Does a Face Mask Protect my Privacy?: Deep Learning to Predict Protected
Attributes from Masked Face Images
- URL: http://arxiv.org/abs/2112.07879v1
- Date: Wed, 15 Dec 2021 04:46:19 GMT
- Title: Does a Face Mask Protect my Privacy?: Deep Learning to Predict Protected
Attributes from Masked Face Images
- Authors: Sachith Seneviratne, Nuran Kasthuriarachchi, Sanka Rasnayaka, Danula
Hettiachchi and Ridwan Shariffdeen
- Abstract summary: We train and apply a CNN based on the ResNet-50 architecture with 20,003 synthetic masked images.
We show that there is no significant difference to privacy invasiveness when a mask is worn.
Our proposed approach can serve as a baseline utility to evaluate the privacy-invasiveness of artificial intelligence systems.
- Score: 0.6562256987706128
- License: http://arxiv.org/licenses/nonexclusive-distrib/1.0/
- Abstract: Contactless and efficient systems are implemented rapidly to advocate
preventive methods in the fight against the COVID-19 pandemic.

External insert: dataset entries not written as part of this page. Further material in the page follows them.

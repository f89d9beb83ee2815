-- ===== src/Native/Errors.antt =====
-- Result codes of the native library as errors (native/errors.ts).
pub mod Codes
use lmdb_deno.Prelude.{
  Option, none, some, List, [], ◌∷◌, ℤ, pos, negsuc, String, lmdb_error, Result, ok, err, ◌==ℤ◌,
  if◌then◌else◌,
}

-- The codes are -30798, -30799, -30781, -30778, -30774, -30773, -30771, -30770, -30769 and 13.
abbrev pub known_messages : List (ℤ × String)
known_messages =
    (negsuc 30797, "MDB_NOTFOUND: No matching key/data pair found")
    ∷ (negsuc 30798, "MDB_KEYEXIST: Key/data pair already exists")
    ∷ (negsuc 30780, "MDB_BAD_VALSIZE: Unsupported size of key/DB name/data")
    ∷ (negsuc 30777, "MDB_BAD_CHECKSUM: Page checksum incorrect")
    ∷ (negsuc 30773, "MDB_CANT_ROLLBACK: Environment can't rollback the last transaction")
    ∷ (negsuc 30772, "MDB_DBIS_BUSY: Can't drop main DBI while other DBIs are open")
    ∷ (negsuc 30770, "MDB_ENV_BUSY: Env is busy, can't use previous snapshot")
    ∷ (negsuc 30769, "MDB_IS_READONLY: Env or txn is read-only, can't write")
    ∷ (negsuc 30768, "MDB_ADDR_BUSY: Requested map address is unavailable")
    ∷ (pos 13, "Permission denied")
    ∷ []

abbrev pub find_message : ℤ → List (ℤ × String) → Option String
find_message code [] = none
find_message code ((c, m) ∷ l) = if c ==ℤ code then some m else find_message code l

-- What `strerror` and the reading of its string give: they may throw, and the pointer may be null.
abbrev pub Strerror : Type 0
Strerror = ℤ → Result (Option String)

abbrev or_unknown : Result (Option String) → String
or_unknown (ok (some m)) = m
or_unknown (ok none) = "LMDB error"
or_unknown (err e) = "LMDB error"

unfoldable pub read_native_message : ℤ → Option Strerror → String
read_native_message code none = "LMDB error"
read_native_message code (some strerror) = or_unknown (strerror code)

abbrev or_native : Option String → ℤ → Option Strerror → String
or_native (some m) code strerror = m
or_native none code strerror = read_native_message code strerror

unfoldable pub check_lmdb_result : ℤ → Option Strerror → Result (Unit {0})
unfolding read_native_message
check_lmdb_result code strerror =
    if code ==ℤ pos 0
    then ok tt
    else err (lmdb_error code (or_native (find_message code known_messages) code strerror))

-- -30770 is `MDB_IS_READONLY`, and 13 is `EACCES`.
unfoldable pub check_node_write_result : ℤ → Option Strerror → Result (Unit {0})
unfolding check_lmdb_result
check_node_write_result code strerror =
    check_lmdb_result (if code ==ℤ negsuc 30769 then pos 13 else code) strerror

Despite the
positive benefits of such systems, there is potential for exploitation by
invading user privacy. In this work, we analyse the privacy invasiveness of
face biometric systems by predicting privacy-sensitive soft-biometrics using
masked face images. We train and apply a CNN based on the ResNet-50
architecture with 20,003 synthetic masked images and measure the privacy
invasiveness. Despite the popular belief of the privacy benefits of wearing a
mask among people, we show that there is no significant difference to privacy
invasiveness when a mask is worn. In our experiments we were able to accurately
predict sex (94.7%),race (83.1%) and age (MAE 6.21 and RMSE 8.33) from masked
face images. Our proposed approach can serve as a baseline utility to evaluate
the privacy-invasiveness of artificial intelligence systems that make use of
privacy-sensitive information. We open-source all contributions for
re-producibility and broader use by the research community.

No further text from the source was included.